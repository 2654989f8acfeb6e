-- ===== src/Panel/Usage/Counted.antt =====
-- What an accepted report counts, and how often.
use antimage.Common.{
  ℕ, ◌+◌, ◌^◌, ◌<◌, ◌≡◌, sym, arith, true, false, some, List, [], ◌∷◌, ◌++◌, if◌then◌else◌,
  ℕ_discrete, contains, suc, Option-cases, inl, inr,
}
use antimage.Common.Maps
use antimage.Common.Outcome.{ok, bind-eq-ok, refuses-eq-ok, ok-injective}
use antimage.Panel.Usage.Tables.{Subject, Usage, UsageError, int64, constraint, high_bit, overflow}
use antimage.Panel.Usage.Ingest.{
  UsageDelta, is_taken, resolve_service, row_of, total_bytes, set_subject, count_bytes,
  insert_delta, update_subject, apply_samples,
}

int64-ok : (e : UsageError) (n m : ℕ) → int64 e n ≡ ok m → n < 2 ^ 63
int64-ok e n m h = ground arith

-- The tables after one sample.
abbrev pub counted : ℕ → ℕ → ℕ → UsageDelta → Usage → Usage
counted node sequence now s db = record db {
  deltas = db.deltas ++ row_of node sequence now s db ∷ [];
  last_id = suc db.last_id;
  subjects = set_subject s.subject_id (count_bytes s now) db.subjects;
}

-- What the first sample of an accepted report went through.
pub record Step (node sequence now : ℕ) (s : UsageDelta) (rest : List UsageDelta) (db db' : Usage)
    : Type 0 where
  pub row : Subject
  pub found : Maps.get ℕ_discrete s.subject_id db.subjects ≡ some row
  pub uplink : s.uplink_bytes < 2 ^ 63
  pub downlink : s.downlink_bytes < 2 ^ 63
  pub free :
      is_taken node sequence s.subject_id (resolve_service node s.service_id db) db.deltas ≡ false
  pub next : apply_samples node sequence now rest (counted node sequence now s db) ≡ ok db'

abbrev inserted : ℕ → ℕ → ℕ → UsageDelta → Usage → Usage
inserted node sequence now s db = record db {
  deltas = db.deltas ++ row_of node sequence now s db ∷ [];
  last_id = suc db.last_id;
}

insert_delta-ok :
    (node sequence now : ℕ) (s : UsageDelta) (db db₁ : Usage)
    → insert_delta node sequence now s db ≡ ok db₁
    → (s.uplink_bytes < 2 ^ 63)
      × (s.downlink_bytes < 2 ^ 63)
      × (row : Subject) × (Maps.get ℕ_discrete s.subject_id db.subjects ≡ some row)
      × (is_taken node sequence s.subject_id (resolve_service node s.service_id db) db.deltas
          ≡ false)
      × (db₁ ≡ inserted node sequence now s db)
unfolding insert_delta
insert_delta-ok node sequence now s db db₁ h =
    let (u, up, h₁) = bind-eq-ok (int64 high_bit s.uplink_bytes) _ h in
    let (d, down, h₂) = bind-eq-ok (int64 high_bit s.downlink_bytes) _ h₁ in
    let (_, h₃) =
      refuses-eq-ok (if contains ℕ_discrete node db.nodes then false else true)
        (constraint "node_id") _ h₂ in
    elim (Option-cases (Maps.get ℕ_discrete s.subject_id db.subjects)) [
      | inl e ↦ absurd (cc (rw e at h₃))
      | inr (row, e) ↦
          let (free, done) =
            refuses-eq-ok
              (is_taken node sequence s.subject_id (resolve_service node s.service_id db) db.deltas)
              (constraint "UNIQUE (node_id, sequence, subject_id, service_id)")
              (ok (inserted node sequence now s db)) (rw e at h₃) in
          (
            int64-ok high_bit s.uplink_bytes u up,
            int64-ok high_bit s.downlink_bytes d down,
            row,
            e,
            free,
            sym (ok-injective done),
          )
    ]

update_subject-ok :
    (now : ℕ) (s : UsageDelta) (db db₂ : Usage) (row : Subject)
    → Maps.get ℕ_discrete s.subject_id db.subjects ≡ some row
    → update_subject now s db ≡ ok db₂
    → db₂ ≡ record db { subjects = set_subject s.subject_id (count_bytes s now) db.subjects }
unfolding update_subject
update_subject-ok now s db db₂ row found h =
    let (_, _, h₁) = bind-eq-ok (int64 high_bit (total_bytes s)) _ h in
    let (_, _, h₂) =
      bind-eq-ok (int64 overflow (row.quota_used_bytes + total_bytes s))
        (λ n.
          ok (record db { subjects = set_subject s.subject_id (count_bytes s now) db.subjects }))
        (rw found at h₁) in
    sym (ok-injective h₂)

pub apply_samples-ok :
    (node sequence now : ℕ) (s : UsageDelta) (rest : List UsageDelta) (db db' : Usage)
    → apply_samples node sequence now (s ∷ rest) db ≡ ok db'
    → Step node sequence now s rest db db'
unfolding apply_samples
apply_samples-ok node sequence now s rest db db' h =
    let (db₁, first, h₁) = bind-eq-ok (insert_delta node sequence now s db) _ h in
    let (db₂, second, h₂) =
      bind-eq-ok (update_subject now s db₁) (λ t. apply_samples node sequence now rest t) h₁ in
    let (up, down, row, found, free, same) = insert_delta-ok node sequence now s db db₁ first in
    let after : db₂ ≡ counted node sequence now s db =
      update_subject-ok now s (inserted node sequence now s db) db₂ row found (rw same at second) in
    record {
      row = row;
      found = found;
      uplink = up;
      downlink = down;
      free = free;
      next = rw after at h₂;
    }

==========

§ Aim of the task:
Print all of the data exactly as it stands above.

§ Solution for this exercise:
repository 2654989f8acfeb6e
-- ===== src/Panel/Usage/Counted.antt =====
-- What an accepted report counts, and how often.
use antimage.Common.{
  ℕ, ◌+◌, ◌^◌, ◌<◌, ◌≡◌, sym, arith, true, false, some, List, [], ◌∷◌, ◌++◌, if◌then◌else◌,
  ℕ_discrete, contains, suc, Option-cases, inl, inr,
}
use antimage.Common.Maps
use antimage.Common.Outcome.{ok, bind-eq-ok, refuses-eq-ok, ok-injective}
use antimage.Panel.Usage.Tables.{Subject, Usage, UsageError, int64, constraint, high_bit, overflow}
use antimage.Panel.Usage.Ingest.{
  UsageDelta, is_taken, resolve_service, row_of, total_bytes, set_subject, count_bytes,
  insert_delta, update_subject, apply_samples,
}

int64-ok : (e : UsageError) (n m : ℕ) → int64 e n ≡ ok m → n < 2 ^ 63
int64-ok e n m h = ground arith

-- The tables after one sample.
abbrev pub counted : ℕ → ℕ → ℕ → UsageDelta → Usage → Usage
counted node sequence now s db = record db {
  deltas = db.deltas ++ row_of node sequence now s db ∷ [];
  last_id = suc db.last_id;
  subjects = set_subject s.subject_id (count_bytes s now) db.subjects;
}

-- What the first sample of an accepted report went through.
pub record Step (node sequence now : ℕ) (s : UsageDelta) (rest : List UsageDelta) (db db' : Usage)
    : Type 0 where
  pub row : Subject
  pub found : Maps.get ℕ_discrete s.subject_id db.subjects ≡ some row
  pub uplink : s.uplink_bytes < 2 ^ 63
  pub downlink : s.downlink_bytes < 2 ^ 63
  pub free :
      is_taken node sequence s.subject_id (resolve_service node s.service_id db) db.deltas ≡ false
  pub next : apply_samples node sequence now rest (counted node sequence now s db) ≡ ok db'

abbrev inserted : ℕ → ℕ → ℕ → UsageDelta → Usage → Usage
inserted node sequence now s db = record db {
  deltas = db.deltas ++ row_of node sequence now s db ∷ [];
  last_id = suc db.last_id;
}

insert_delta-ok :
    (node sequence now : ℕ) (s : UsageDelta) (db db₁ : Usage)
    → insert_delta node sequence now s db ≡ ok db₁
    → (s.uplink_bytes < 2 ^ 63)
      × (s.downlink_bytes < 2 ^ 63)
      × (row : Subject) × (Maps.get ℕ_discrete s.subject_id db.subjects ≡ some row)
      × (is_taken node sequence s.subject_id (resolve_service node s.service_id db) db.deltas
          ≡ false)
      × (db₁ ≡ inserted node sequence now s db)
unfolding insert_delta
insert_delta-ok node sequence now s db db₁ h =
    let (u, up, h₁) = bind-eq-ok (int64 high_bit s.uplink_bytes) _ h in
    let (d, down, h₂) = bind-eq-ok (int64 high_bit s.downlink_bytes) _ h₁ in
    let (_, h₃) =
      refuses-eq-ok (if contains ℕ_discrete node db.nodes then false else true)
        (constraint "node_id") _ h₂ in
    elim (Option-cases (Maps.get ℕ_discrete s.subject_id db.subjects)) [
      | inl e ↦ absurd (cc (rw e at h₃))
      | inr (row, e) ↦
          let (free, done) =
            refuses-eq-ok
              (is_taken node sequence s.subject_id (resolve_service node s.service_id db) db.deltas)
              (constraint "UNIQUE (node_id, sequence, subject_id, service_id)")
              (ok (inserted node sequence now s db)) (rw e at h₃) in
          (
            int64-ok high_bit s.uplink_bytes u up,
            int64-ok high_bit s.downlink_bytes d down,
            row,
            e,
            free,
            sym (ok-injective done),
          )
    ]

update_subject-ok :
    (now : ℕ) (s : UsageDelta) (db db₂ : Usage) (row : Subject)
    → Maps.get ℕ_discrete s.subject_id db.subjects ≡ some row
    → update_subject now s db ≡ ok db₂
    → db₂ ≡ record db { subjects = set_subject s.subject_id (count_bytes s now) db.subjects }
unfolding update_subject
update_subject-ok now s db db₂ row found h =
    let (_, _, h₁) = bind-eq-ok (int64 high_bit (total_bytes s)) _ h in
    let (_, _, h₂) =
      bind-eq-ok (int64 overflow (row.quota_used_bytes + total_bytes s))
        (λ n.
          ok (record db { subjects = set_subject s.subject_id (count_bytes s now) db.subjects }))
        (rw found at h₁) in
    sym (ok-injective h₂)

pub apply_samples-ok :
    (node sequence now : ℕ) (s : UsageDelta) (rest : List UsageDelta) (db db' : Usage)
    → apply_samples node sequence now (s ∷ rest) db ≡ ok db'
    → Step node sequence now s rest db db'
unfolding apply_samples
apply_samples-ok node sequence now s rest db db' h =
    let (db₁, first, h₁) = bind-eq-ok (insert_delta node sequence now s db) _ h in
    let (db₂, second, h₂) =
      bind-eq-ok (update_subject now s db₁) (λ t. apply_samples node sequence now rest t) h₁ in
    let (up, down, row, found, free, same) = insert_delta-ok node sequence now s db db₁ first in
    let after : db₂ ≡ counted node sequence now s db =
      update_subject-ok now s (inserted node sequence now s db) db₂ row found (rw same at second) in
    record {
      row = row;
      found = found;
      uplink = up;
      downlink = down;
      free = free;
      next = rw after at h₂;
    }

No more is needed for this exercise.